▸ **What you will do**: All records shown below should be given again, character for character.

▸ **Data section**:

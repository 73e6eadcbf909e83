-- ===== src/Plugin/WorkItems/Decides.antt =====
-- `validate_work_items` against the order that the scheduler needs.
use mathlib.Core.WellFounded.{Acc}
use mathlib.Core.List.Memᴰ
use donkeyspace.Prelude.{
  not-false, suc, ◌≡◌, refl, sym, ◌∙◌, ◌⊎◌, inl, inr, true, false, not, List, none, some, Result,
  ok, err, map_err, text_eq, ◌==◌, ==_iff, length, Memᴰ, arith, find, find_sound, find_finds,
  contains, contains_mem, contains-to_set, to_set, to_set-is_distinct, is_distinct, nat_eq,
  Option-cases, for_each_iff, All_elim, >>-eq-ok, ◌>>◌, is_empty, fail_if, fail_if-eq-ok,
  length-map, find-none,
}
use donkeyspace.Text.{Text}
use donkeyspace.DepthFirst.{Fault, Marks, search_all}
use donkeyspace.DepthFirst.Sound.{search_all_sound}
use donkeyspace.DepthFirst.Cycles.{Leads, search_all_cycle}
use donkeyspace.DepthFirst.Total.{IsClosed, search_all_decided}
use donkeyspace.Plugin.{Abort, fails, panics, out_of_fuel, PluginWorkItem}
use donkeyspace.Plugin.WorkItems.{
  ids, find_item, item_dependencies, validate_item, check_items, item_outcome, item_cycle,
  validate_work_items, ItemDependsOn,
}

module _ {V : Type 0} (items : List (PluginWorkItem V)) where
  -- What the checks before the search establish.
  pub record IsRegistry : Type 0 where
    pub not_empty : is_empty items ≡ false
    pub distinct : is_distinct (ids items) ≡ true
    pub known :
        (i : PluginWorkItem V)
        → Memᴰ i items
        → (d : Text) → Memᴰ d i.depends_on
        → Memᴰ d (ids items)

  validate_item_known :
      (i : PluginWorkItem V)
      → validate_item (to_set (ids items)) i ≡ ok tt
      → (d : Text) → Memᴰ d i.depends_on
      → Memᴰ d (ids items)
  unfolding validate_item
  validate_item_known i h d m =
      let n : find (λ id. not (contains (to_set (ids items)) id)) i.depends_on ≡ none =
        ground arith in
      let c = find-none (λ id. not (contains (to_set (ids items)) id)) m n in
      contains_mem (ids items) d (ground (arith, contains-to_set (ids items) d))

  check_items-IsRegistry : check_items items ≡ ok tt → IsRegistry
  unfolding check_items
  check_items-IsRegistry h =
      let (a, k) = >>-eq-ok (fail_if (is_empty items) _) _ h in
      let (b, c) =
        >>-eq-ok (fail_if (not (nat_eq (length (to_set (ids items))) (length items))) _) _ k in
      record {
        not_empty = fail_if-eq-ok _ _ a;
        distinct =
            sym (to_set-is_distinct (ids items))
            ∙ rw (length-map (λ (i : PluginWorkItem V). i.id) items)
                (not-false _ (fail_if-eq-ok _ _ b));
        known = λ i m d n.
            validate_item_known i
              (All_elim _ items ((for_each_iff (validate_item (to_set (ids items))) items).0 c) m) d
              n;
      }

  find_item_mem :
      (id : Text)
      → Memᴰ id (ids items)
      → (i : PluginWorkItem V) × (find_item items id ≡ some i) × Memᴰ i items
  find_item_mem id m =
      let (i, n, e) = Memᴰ.of_map (λ (j : PluginWorkItem V). j.id) items m in
      let (j, f) = find_finds (λ (j : PluginWorkItem V). j.id == id) n ((==_iff i.id id).1 e) in
      (j, f, (find_sound (λ (j : PluginWorkItem V). j.id == id) items f).0)

  items-IsClosed : IsRegistry → IsClosed (item_dependencies items) (ids items)
  items-IsClosed r id m =
      let (i, e, n) = find_item_mem id m in (i.depends_on, rw e, λ a k. r.known i n a k)

  item-unknown-Acc : (id : Text) → find_item items id ≡ none → Acc (ItemDependsOn items) id
  item-unknown-Acc id e = Acc.intro id (λ b r. absurd (ground (arith, r.of_children)))

  item_outcome_cases :
      IsRegistry
      → (r : Result (Fault Text) (Marks Text))
      → search_all (item_dependencies items) (suc (length (ids items))) (ids items) ≡ r
      → ((item_outcome r ≡ ok tt) × ((id : Text) → Acc (ItemDependsOn items) id))
        ⊎ ((id : Text) × (item_outcome r ≡ err (fails (item_cycle id)))
            × Leads (item_dependencies items) id id)
  unfolding item_outcome
  item_outcome_cases g (ok s) e = inl (
    refl,
    λ id. elim (Option-cases (find_item items id)) [
      | inl q ↦ item-unknown-Acc id q
      | inr (i, q) ↦
          let (m, k) = find_sound (λ (j : PluginWorkItem V). j.id == id) items q in
          search_all_sound (item_dependencies items) _ _ e id
            (Memᴰ.cast (sym ((==_iff i.id id).0 k)) (Memᴰ.map (λ (j : PluginWorkItem V). j.id) m))
    ],
  )
  item_outcome_cases g (err f) e =
      let (id, q) = search_all_decided (item_dependencies items) (ids items) (items-IsClosed g) e in
      inr (id, rw q, search_all_cycle (item_dependencies items) _ _ (rw q at e))

  -- What the answers of `validate_work_items` mean.
  abbrev pub Explains : Result (Abort Text) (Unit {0}) → Type 0
  Explains (ok u) = IsRegistry × ((id : Text) → Acc (ItemDependsOn items) id)
  Explains (err (fails message)) =
      (check_items items ≡ err message)
      ⊎ ((id : Text) × (message ≡ item_cycle id) × Leads (item_dependencies items) id id)
  Explains (err (panics id)) = ⊥
  Explains (err out_of_fuel) = ⊥

  explain :
      (r : Result Text (Unit {0}))
      → check_items items ≡ r
      → Explains (
          map_err fails r
          >> item_outcome
              (search_all (item_dependencies items) (suc (length (ids items))) (ids items)))
  explain (err message) e = inl e
  explain (ok tt) e = elim (item_outcome_cases (check_items-IsRegistry e) _ refl) [
    | inl (q, acc) ↦ rw q (check_items-IsRegistry e, acc)
    | inr (id, q, l) ↦ rw q (inr (id, refl, l))
  ]

  -- A registry that `validate_work_items` accepts is not empty, repeats no id, depends on its own
  -- items only, and has no endless chain of dependencies. It is refused only for one of the checks
  -- of its items or for a cycle that is there; the `expect` never panics, and the search ends.
  pub validate_work_items_explained : Explains (validate_work_items items)
  unfolding validate_work_items
  validate_work_items_explained = explain (check_items items) refl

▸ **Written answer**:
repository 73e6eadcbf909e83
-- ===== src/Plugin/WorkItems/Decides.antt =====
-- `validate_work_items` against the order that the scheduler needs.
use mathlib.Core.WellFounded.{Acc}
use mathlib.Core.List.Memᴰ
use donkeyspace.Prelude.{
  not-false, suc, ◌≡◌, refl, sym, ◌∙◌, ◌⊎◌, inl, inr, true, false, not, List, none, some, Result,
  ok, err, map_err, text_eq, ◌==◌, ==_iff, length, Memᴰ, arith, find, find_sound, find_finds,
  contains, contains_mem, contains-to_set, to_set, to_set-is_distinct, is_distinct, nat_eq,
  Option-cases, for_each_iff, All_elim, >>-eq-ok, ◌>>◌, is_empty, fail_if, fail_if-eq-ok,
  length-map, find-none,
}
use donkeyspace.Text.{Text}
use donkeyspace.DepthFirst.{Fault, Marks, search_all}
use donkeyspace.DepthFirst.Sound.{search_all_sound}
use donkeyspace.DepthFirst.Cycles.{Leads, search_all_cycle}
use donkeyspace.DepthFirst.Total.{IsClosed, search_all_decided}
use donkeyspace.Plugin.{Abort, fails, panics, out_of_fuel, PluginWorkItem}
use donkeyspace.Plugin.WorkItems.{
  ids, find_item, item_dependencies, validate_item, check_items, item_outcome, item_cycle,
  validate_work_items, ItemDependsOn,
}

module _ {V : Type 0} (items : List (PluginWorkItem V)) where
  -- What the checks before the search establish.
  pub record IsRegistry : Type 0 where
    pub not_empty : is_empty items ≡ false
    pub distinct : is_distinct (ids items) ≡ true
    pub known :
        (i : PluginWorkItem V)
        → Memᴰ i items
        → (d : Text) → Memᴰ d i.depends_on
        → Memᴰ d (ids items)

  validate_item_known :
      (i : PluginWorkItem V)
      → validate_item (to_set (ids items)) i ≡ ok tt
      → (d : Text) → Memᴰ d i.depends_on
      → Memᴰ d (ids items)
  unfolding validate_item
  validate_item_known i h d m =
      let n : find (λ id. not (contains (to_set (ids items)) id)) i.depends_on ≡ none =
        ground arith in
      let c = find-none (λ id. not (contains (to_set (ids items)) id)) m n in
      contains_mem (ids items) d (ground (arith, contains-to_set (ids items) d))

  check_items-IsRegistry : check_items items ≡ ok tt → IsRegistry
  unfolding check_items
  check_items-IsRegistry h =
      let (a, k) = >>-eq-ok (fail_if (is_empty items) _) _ h in
      let (b, c) =
        >>-eq-ok (fail_if (not (nat_eq (length (to_set (ids items))) (length items))) _) _ k in
      record {
        not_empty = fail_if-eq-ok _ _ a;
        distinct =
            sym (to_set-is_distinct (ids items))
            ∙ rw (length-map (λ (i : PluginWorkItem V). i.id) items)
                (not-false _ (fail_if-eq-ok _ _ b));
        known = λ i m d n.
            validate_item_known i
              (All_elim _ items ((for_each_iff (validate_item (to_set (ids items))) items).0 c) m) d
              n;
      }

  find_item_mem :
      (id : Text)
      → Memᴰ id (ids items)
      → (i : PluginWorkItem V) × (find_item items id ≡ some i) × Memᴰ i items
  find_item_mem id m =
      let (i, n, e) = Memᴰ.of_map (λ (j : PluginWorkItem V). j.id) items m in
      let (j, f) = find_finds (λ (j : PluginWorkItem V). j.id == id) n ((==_iff i.id id).1 e) in
      (j, f, (find_sound (λ (j : PluginWorkItem V). j.id == id) items f).0)

  items-IsClosed : IsRegistry → IsClosed (item_dependencies items) (ids items)
  items-IsClosed r id m =
      let (i, e, n) = find_item_mem id m in (i.depends_on, rw e, λ a k. r.known i n a k)

  item-unknown-Acc : (id : Text) → find_item items id ≡ none → Acc (ItemDependsOn items) id
  item-unknown-Acc id e = Acc.intro id (λ b r. absurd (ground (arith, r.of_children)))

  item_outcome_cases :
      IsRegistry
      → (r : Result (Fault Text) (Marks Text))
      → search_all (item_dependencies items) (suc (length (ids items))) (ids items) ≡ r
      → ((item_outcome r ≡ ok tt) × ((id : Text) → Acc (ItemDependsOn items) id))
        ⊎ ((id : Text) × (item_outcome r ≡ err (fails (item_cycle id)))
            × Leads (item_dependencies items) id id)
  unfolding item_outcome
  item_outcome_cases g (ok s) e = inl (
    refl,
    λ id. elim (Option-cases (find_item items id)) [
      | inl q ↦ item-unknown-Acc id q
      | inr (i, q) ↦
          let (m, k) = find_sound (λ (j : PluginWorkItem V). j.id == id) items q in
          search_all_sound (item_dependencies items) _ _ e id
            (Memᴰ.cast (sym ((==_iff i.id id).0 k)) (Memᴰ.map (λ (j : PluginWorkItem V). j.id) m))
    ],
  )
  item_outcome_cases g (err f) e =
      let (id, q) = search_all_decided (item_dependencies items) (ids items) (items-IsClosed g) e in
      inr (id, rw q, search_all_cycle (item_dependencies items) _ _ (rw q at e))

  -- What the answers of `validate_work_items` mean.
  abbrev pub Explains : Result (Abort Text) (Unit {0}) → Type 0
  Explains (ok u) = IsRegistry × ((id : Text) → Acc (ItemDependsOn items) id)
  Explains (err (fails message)) =
      (check_items items ≡ err message)
      ⊎ ((id : Text) × (message ≡ item_cycle id) × Leads (item_dependencies items) id id)
  Explains (err (panics id)) = ⊥
  Explains (err out_of_fuel) = ⊥

  explain :
      (r : Result Text (Unit {0}))
      → check_items items ≡ r
      → Explains (
          map_err fails r
          >> item_outcome
              (search_all (item_dependencies items) (suc (length (ids items))) (ids items)))
  explain (err message) e = inl e
  explain (ok tt) e = elim (item_outcome_cases (check_items-IsRegistry e) _ refl) [
    | inl (q, acc) ↦ rw q (check_items-IsRegistry e, acc)
    | inr (id, q, l) ↦ rw q (inr (id, refl, l))
  ]

  -- A registry that `validate_work_items` accepts is not empty, repeats no id, depends on its own
  -- items only, and has no endless chain of dependencies. It is refused only for one of the checks
  -- of its items or for a cycle that is there; the `expect` never panics, and the search ends.
  pub validate_work_items_explained : Explains (validate_work_items items)
  unfolding validate_work_items
  validate_work_items_explained = explain (check_items items) refl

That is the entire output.